# [Dataset entries]
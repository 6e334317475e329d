-- ===== src/TcpServer/Life/Defs.antt =====
-- The server of mtnet/TcpServer.cc with its connections of mtnet/TcpConnection.cc: what the base
-- loop and the loops of the connections run, in any order. The functors that the server and the
-- connections hand to the loops wait in two lists; a loop may run any of them, at once
-- (`runInLoop` in the loop's own thread) or later, so that every order of the loops' queues is
-- among the runs.
use mtnet.Prelude.{
  ℕ, ◌-◌, ◌≡◌, List, ◌++◌, Bool, true, false, not, ◌&&◌, ◌==◌, if◌then◌else◌, none, some, Result,
  ok, ◌>>=◌, replicate,
}
use mtnet.Prelude.Maps.{update}
use mtnet.Prelude.Bags.{count, take_at}
use mtnet.Buffer.{Readv}
use mtnet.Channel.{any_bit}
use mtnet.TcpConnection.Defs.{
  TcpConnection, State, disconnecting, Effect, close_callback, Written, is_connected, send,
  send_in_loop, shutdown, shutdown_in_loop, handle_write, handle_read, handle_close,
}
use mtnet.TcpConnection.Defs as Connected
use mtnet.TcpConnection.Wiring.{handlers}
use mtnet.TcpServer.Defs.{
  TcpServer, Connection, Request, connect_established, connect_destroyed, new_connection,
  remove_connection_in_loop,
}

-- A connection, and whether poll(2) looks at its channel: it does once the poller knows the
-- channel, and no more once an update has found no wanted event, since the poller leaves the
-- entry's descriptor negative then (`Poller.Interests`).
pub record Polled : Type 0 where
  pub tcp : TcpConnection
  pub polled : Bool

-- The server, with the requests that its loops have not yet run; the connections by their
-- addresses; and the calls of `removeConnectionInLoop` that the base loop has not yet run.
pub record World : Type 0 where
  pub server : TcpServer
  pub connection : ℕ → Polled
  pub removals : List ℕ

-- What else happens to a connection: its user's calls, in the loop's thread or queued from another
-- (`begins_shutdown` is the first half of `shutdown` there), and the events of its channel.
pub data Call : Type 0 where
  sends sends_in_loop : Written → List ℕ → Call
  shuts_down begins_shutdown shuts_down_in_loop : Call
  happens : Readv → Written → (revents : ℕ) → Call

-- `shutdown` in another thread: its test of the state and its store, as one step. (The source does not
-- synchronise the two; that a `connectDestroyed` of the loop's thread comes between them is left out.)
unfoldable pub begin_shutdown : TcpConnection → TcpConnection
begin_shutdown c = if is_connected c.state then record c { state = disconnecting } else c

-- The events reach the connection as its constructor wired the channel.
unfoldable pub run_call : Call → TcpConnection → Result TcpConnection
unfolding send send_in_loop shutdown shutdown_in_loop begin_shutdown handle_write handle_read
    handle_close
run_call (sends w m) c = send w m c
run_call (sends_in_loop w m) c = send_in_loop w m c
run_call shuts_down c = ok (shutdown c)
run_call begins_shutdown c = ok (begin_shutdown c)
run_call shuts_down_in_loop c = ok (shutdown_in_loop c)
run_call (happens r w revents) c = handlers r w revents c

-- A POLLHUP comes with POLLIN, or alone but for POLLOUT and errors. (POLLRDHUP is not asked for.)
abbrev pub is_answer : ℕ → Bool
is_answer revents =
    not ((any_bit revents 0x10 && not (any_bit revents 0x01)) && any_bit revents 0x2003)

-- Events need a channel that poll(2) looks at; the user may call at any time.
abbrev pub is_allowed : Call → Polled → Bool
is_allowed (happens r w revents) p = p.polled && is_answer revents
is_allowed _ p = true

abbrev pub is_close : Effect → Bool
is_close close_callback = true
is_close _ = false

-- How often `closeCallback_`, which is `TcpServer::removeConnection`, was called.
abbrev pub closes : TcpConnection → ℕ
closes c = count is_close c.effects

-- The connection after a call: the poller sees what its channel wants now.
abbrev pub updated : Polled → TcpConnection → Polled
updated p c = record { tcp = c; polled = p.polled && not (c.events == 0) }

-- A call on the connection at `address`; each call of `closeCallback_` is one of
-- `removeConnection`.
unfoldable pub act : Call → ℕ → World → Result World
unfolding run_call
act k address w = do
  c ← run_call k (w.connection address).tcp
  ok (record w {
    connection = update w.connection address (updated (w.connection address) c);
    removals = w.removals ++ replicate (closes c - closes (w.connection address).tcp) address;
  })

-- `newConnection`, with the connection that `new` makes at `address`.
unfoldable pub accept : (ℕ → List ℕ) → Bool → ℕ → ℕ → World → Result World
unfolding new_connection Connected.init
accept format has_write_complete address sockfd w = do
  s ← new_connection format address sockfd w.server
  ok (record w {
    server = s;
    connection =
        update w.connection address
          (record { tcp = Connected.init has_write_complete; polled = false });
  })

-- A loop runs what the server handed to it.
unfoldable pub run_request : Request → World → Result World
unfolding Connected.connect_established Connected.connect_destroyed
run_request (connect_established loop address) w = do
  c ← Connected.connect_established (w.connection address).tcp
  ok (record w { connection = update w.connection address (record { tcp = c; polled = true }) })
run_request (connect_destroyed loop address) w = do
  c ← Connected.connect_destroyed (w.connection address).tcp
  ok (record w { connection = update w.connection address (record { tcp = c; polled = false }) })

abbrev pub without_request : List Request → World → World
without_request rest w = record w { server = record w.server { requests = rest } }

-- The base loop runs a `removeConnectionInLoop`.
unfoldable pub run_removal : ℕ → World → Result World
unfolding remove_connection_in_loop
run_removal address w = do
  s ← remove_connection_in_loop address w.server
  ok (record w { server = s })

abbrev pub without_removal : List ℕ → World → World
without_removal rest w = record w { removals = rest }

module _ (format : ℕ → List ℕ) where
  -- One turn of a loop, or of a thread that uses a connection.
  pub data Step (w : World) : World → Type 0 where
    accepts :
        (has_write_complete : Bool) (address sockfd : ℕ) {v : World}
        → w.server.connection_at address ≡ none
        → accept format has_write_complete address sockfd w ≡ ok v
        → Step w v
    runs :
        (i : ℕ) (r : Request) (rest : List Request) {v : World}
        → take_at i w.server.requests ≡ some (r, rest)
        → run_request r (without_request rest w) ≡ ok v
        → Step w v
    removes :
        (i address : ℕ) (rest : List ℕ) {v : World}
        → take_at i w.removals ≡ some (address, rest)
        → run_removal address (without_removal rest w) ≡ ok v
        → Step w v
    calls :
        (k : Call) (address : ℕ) (c : Connection) (d : TcpConnection) {v : World}
        → w.server.connection_at address ≡ some c
        → run_call k (w.connection address).tcp ≡ ok d
        → is_allowed k (w.connection address) ≡ true
        → act k address w ≡ ok v
        → Step w v

  pub data Steps (w : World) : World → Type 0 where
    here : Steps w w
    next : {u v : World} → Steps w u → Step u v → Steps w v
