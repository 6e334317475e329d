-- ===== src/TcpServer/Life/Effects.antt =====
-- The effects of mtnet/TcpConnection.cc that make up the life of a connection, and what leaves it alone.
use mtnet.Prelude.{
  ℕ, ◌+◌, ◌≡◌, refl, sym, ap, ◌∙◌, subst, List, [], ◌∷◌, ◌++◌, Bool, true, false, if◌then◌else◌,
  append-nil, Bool-cases, inl, inr, ok, ok_injective, arith,
}
use mtnet.Prelude.Bags.{bit, count, count-append}
use mtnet.Buffer.{Buffer}
use mtnet.Channel.{Interest}
use mtnet.TcpConnection.Defs.{
  TcpConnection, State, connecting, connected, disconnecting, disconnected, Effect, sent,
  shut_write, write_complete, connection_callback, message_callback, close_callback, remove_channel,
  write_error, handle_error, emit, emit_if, want,
}
use mtnet.TcpServer.Life.Defs.{is_close, closes}

-- The effects that belong to the life of a connection.
abbrev pub is_life : Effect → Bool
is_life connection_callback = true
is_life close_callback = true
is_life remove_channel = true
is_life _ = false

abbrev pub life : List Effect → List Effect
life [] = []
life (e ∷ es) = if is_life e then e ∷ life es else life es

pub life-append : (xs ys : List Effect) → life (xs ++ ys) ≡ life xs ++ life ys
life-append [] ys = refl
life-append (x ∷ xs) ys = elim (Bool-cases (is_life x)) [
  | inl e ↦ rw (e, life-append xs ys) refl
  | inr e ↦ rw (e, life-append xs ys) refl
]

close-life :
    (e : Effect) (es : List Effect)
    → count is_close (life (e ∷ es)) ≡ bit (is_close e) + count is_close (life es)
close-life connection_callback es = refl
close-life close_callback es = refl
close-life remove_channel es = refl
close-life (sent m) es = omega arith
close-life shut_write es = omega arith
close-life write_complete es = omega arith
close-life message_callback es = omega arith
close-life write_error es = omega arith
close-life handle_error es = omega arith

pub count-life : (es : List Effect) → count is_close (life es) ≡ count is_close es
count-life [] = refl
count-life (e ∷ es) = close-life e es ∙ ap (λ n. bit (is_close e) + n) (count-life es)

-- Before, during and after the time in which `connectEstablished` has run and `connectDestroyed` has
-- not.
abbrev pub stage : State → ℕ
stage connecting = 0
stage connected = 1
stage disconnecting = 1
stage disconnected = 2

pub record IsSame (c d : TcpConnection) : Type 0 where
  pub stage_same : stage d.state ≡ stage c.state
  pub life_same : life d.effects ≡ life c.effects

pub record IsClosing (c d : TcpConnection) : Type 0 where
  pub was : stage c.state ≡ 1
  pub stays : stage d.state ≡ 1
  pub life_closed : life d.effects ≡ life c.effects ++ close_callback ∷ []
  pub wants_none : d.events ≡ 0

pub IsSame-refl : (c : TcpConnection) → IsSame c c
IsSame-refl c = record { stage_same = refl; life_same = refl }

pub IsSame-trans : (a b c : TcpConnection) → IsSame a b → IsSame b c → IsSame a c
IsSame-trans a b c p q = record {
  stage_same = q.stage_same ∙ p.stage_same;
  life_same = q.life_same ∙ p.life_same;
}

-- An effect that is not one of the life.
pub emit-IsSame : (e : Effect) (c : TcpConnection) → is_life e ≡ false → IsSame c (emit e c)
emit-IsSame e c h = record {
  stage_same = refl;
  life_same =
      life-append c.effects (e ∷ [])
      ∙ ap (λ l. life c.effects ++ l) (quiet (is_life e) h)
      ∙ append-nil (life c.effects);
}
  where
    quiet : (b : Bool) → b ≡ false → (if b then e ∷ [] else []) ≡ []
    quiet true p = cc
    quiet false p = refl

pub emit_if-IsSame :
    (b : Bool) (e : Effect) (c : TcpConnection) → is_life e ≡ false → IsSame c (emit_if b e c)
emit_if-IsSame true e c h = emit-IsSame e c h
emit_if-IsSame false e c h = IsSame-refl c

pub want-IsSame : (i : Interest) (c : TcpConnection) → IsSame c (want i c)
want-IsSame i c = record { stage_same = refl; life_same = refl }

pub if-IsSame :
    (b : Bool) (c d e : TcpConnection) → IsSame c d → IsSame c e → IsSame c (if b then d else e)
if-IsSame true c d e p q = p
if-IsSame false c d e p q = q

pub buffer-IsSame : (b : Buffer) (c : TcpConnection) → IsSame c (record c { output_buffer = b })
buffer-IsSame b c = record { stage_same = refl; life_same = refl }

pub ok-IsSame : (b c d : TcpConnection) → IsSame b c → ok c ≡ ok d → IsSame b d
ok-IsSame b c d p e = subst (λ x. IsSame b x) (ok_injective e) p

-- How often `closeCallback_` is called meanwhile.
pub closes-IsSame : (c d : TcpConnection) → IsSame c d → closes d ≡ closes c
closes-IsSame c d s =
    sym (count-life d.effects) ∙ ap (count is_close) s.life_same ∙ count-life c.effects

pub closes-IsClosing : (c d : TcpConnection) → IsClosing c d → closes d ≡ closes c + 1
closes-IsClosing c d s =
    sym (count-life d.effects)
    ∙ ap (count is_close) s.life_closed
    ∙ count-append is_close (life c.effects) (close_callback ∷ [])
    ∙ ap (λ n. n + 1) (count-life c.effects)

pub IsSame-IsClosing : (a b c : TcpConnection) → IsSame a b → IsClosing b c → IsClosing a c
IsSame-IsClosing a b c s k = record {
  was = sym s.stage_same ∙ k.was;
  stays = k.stays;
  life_closed = k.life_closed ∙ ap (λ l. l ++ close_callback ∷ []) s.life_same;
  wants_none = k.wants_none;
}
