-- ===== src/TcpServer/Life/Phases.antt =====
-- The phases in the life of a connection of mtnet/TcpServer.cc, and what each says of the server, the
-- connection and what waits for the loops.
use mtnet.Prelude.{
  ℕ, ◌+◌, ◌≡◌, ◌≢◌, refl, sym, subst, List, [], ◌∷◌, ◌++◌, Bool, true, false, ◌==◌, ==_iff, Option,
  none, some, Bool-cases, inl, inr, arith,
}
use mtnet.Prelude.Maps.{update, update_self, update_ne, ℕ-cases}
use mtnet.Prelude.Bags.{bit, count, count-append}
use mtnet.TcpConnection.Defs.{Effect, connection_callback, close_callback, remove_channel}
use mtnet.TcpServer.Defs.{TcpServer, Connection, Request, connect_established, connect_destroyed}
use mtnet.TcpServer.Connections.{IsValid}
use mtnet.TcpServer.Life.Defs.{World, Polled}
use mtnet.TcpServer.Life.Effects.{stage, life}

-- `accepted`: `connectEstablished` waits; `closed`: `removeConnectionInLoop` waits; `removed`:
-- `connectDestroyed` waits.
pub data Phase : Type 0 where
  unused accepted live closed removed gone : Phase

abbrev pub is_used : Phase → Bool
is_used unused = false
is_used _ = true

abbrev pub is_registered : Phase → Bool
is_registered accepted = true
is_registered live = true
is_registered closed = true
is_registered _ = false

abbrev pub to_establish : Phase → ℕ
to_establish accepted = 1
to_establish _ = 0

abbrev pub to_remove : Phase → ℕ
to_remove closed = 1
to_remove _ = 0

abbrev pub to_destroy : Phase → ℕ
to_destroy removed = 1
to_destroy _ = 0

abbrev pub stage_of : Phase → ℕ
stage_of unused = 0
stage_of accepted = 0
stage_of gone = 2
stage_of _ = 1

abbrev pub history : Phase → List Effect
history unused = []
history accepted = []
history live = connection_callback ∷ []
history closed = connection_callback ∷ close_callback ∷ []
history removed = connection_callback ∷ close_callback ∷ []
history gone = connection_callback ∷ close_callback ∷ connection_callback ∷ remove_channel ∷ []

-- poll(2) looks at the channel of a live connection only.
abbrev pub PollFits : Phase → Bool → Type 0
PollFits live polled = Unit
PollFits _ polled = polled ≡ false

abbrev pub is_known : Option Connection → Bool
is_known none = false
is_known (some c) = true

abbrev pub is_establish : ℕ → Request → Bool
is_establish a (connect_established l b) = b == a
is_establish a (connect_destroyed l b) = false

abbrev pub is_destroy : ℕ → Request → Bool
is_destroy a (connect_established l b) = false
is_destroy a (connect_destroyed l b) = b == a

abbrev pub is_at : ℕ → ℕ → Bool
is_at a b = b == a

abbrev pub Listed : TcpServer → ℕ → Type 0
Listed s a = (c : Connection) × (s.connection_at a ≡ some c) × (s.connections c.name ≡ some a)

pub record InPhase (p : Phase) (c : Polled) : Type 0 where
  pub stage_fits : stage c.tcp.state ≡ stage_of p
  pub life_fits : life c.tcp.effects ≡ history p
  pub poll_fits : PollFits p c.polled

pub record Fits (s : TcpServer) (c : Polled) (removals : List ℕ) (a : ℕ) (p : Phase) : Type 0 where
  pub establishes : count (is_establish a) s.requests ≡ to_establish p
  pub destroys : count (is_destroy a) s.requests ≡ to_destroy p
  pub removes : count (is_at a) removals ≡ to_remove p
  pub known : is_known (s.connection_at a) ≡ is_used p
  pub listed : is_registered p ≡ true → Listed s a
  pub in_phase : InPhase p c

pub record IsSound (format : ℕ → List ℕ) (w : World) (phase : ℕ → Phase) : Type 0 where
  pub valid : IsValid format w.server
  pub fits : (a : ℕ) → Fits w.server (w.connection a) w.removals a (phase a)

-- One address changes its phase.
pub update-all :
    (P : ℕ → Phase → Type 0) (phase : ℕ → Phase) (a : ℕ) (p : Phase)
    → P a p
    → ((b : ℕ) → b ≢ a → P b (phase b))
    → (b : ℕ) → P b (update phase a p b)
update-all P phase a p here there b = elim (ℕ-cases b a) [
  | inl e ↦
      subst (λ x. P x (update phase a p x)) (sym e)
        (subst (λ q. P a q) (sym (update_self phase a p)) here)
  | inr n ↦ subst (λ q. P b q) (sym (update_ne phase a p b n)) (there b n)
]

pub ==-self : (a : ℕ) → (a == a) ≡ true
==-self a = (==_iff a a).1 refl

pub ==-ne : (a b : ℕ) → a ≢ b → (a == b) ≡ false
==-ne a b n = elim (Bool-cases (a == b)) [ inl e ↦ absurd (n ((==_iff a b).0 e)) | inr e ↦ e ]

-- One more at the end.
pub count_last {ℓ} :
    {A : Type ℓ} (f : A → Bool) (xs : List A) (x : A)
    → count f (xs ++ x ∷ []) ≡ count f xs + bit (f x)
count_last f xs x = let e = count-append f xs (x ∷ []) in omega (arith, e)

-- The life of one connection, as a machine.
pub data Next : Phase → Phase → Type 0 where
  accepts : Next unused accepted
  establishes : Next accepted live
  closes : Next live closed
  removes : Next closed removed
  destroys : Next removed gone

-- One connection moves on, or one stays where it is.
pub data Advance (q : ℕ → Phase) : (ℕ → Phase) → Type 0 where
  stays : (a : ℕ) → Advance q (update q a (q a))
  moves : (a : ℕ) (p : Phase) → Next (q a) p → Advance q (update q a p)

pub data Lives (q : ℕ → Phase) : (ℕ → Phase) → Type 0 where
  here : Lives q q
  next : {r t : ℕ → Phase} → Lives q r → Advance r t → Lives q t

pub Next-from :
    (a : ℕ) (q : ℕ → Phase) (p r : Phase) → q a ≡ p → Next p r → Advance q (update q a r)
Next-from a q p r e n = moves a r (subst (λ x. Next x r) (sym e) n)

# [DESCRIPTION OF THE TASK]
Report every line in the data above in which the word "some" appears.

# [TASK SOLUTION]
  ℕ, ◌-◌, ◌≡◌, List, ◌++◌, Bool, true, false, not, ◌&&◌, ◌==◌, if◌then◌else◌, none, some, Result,
        → take_at i w.server.requests ≡ some (r, rest)
        → take_at i w.removals ≡ some (address, rest)
        → w.server.connection_at address ≡ some c
  none, some, Bool-cases, inl, inr, arith,
is_known (some c) = true
Listed s a = (c : Connection) × (s.connection_at a ≡ some c) × (s.connections c.name ≡ some a)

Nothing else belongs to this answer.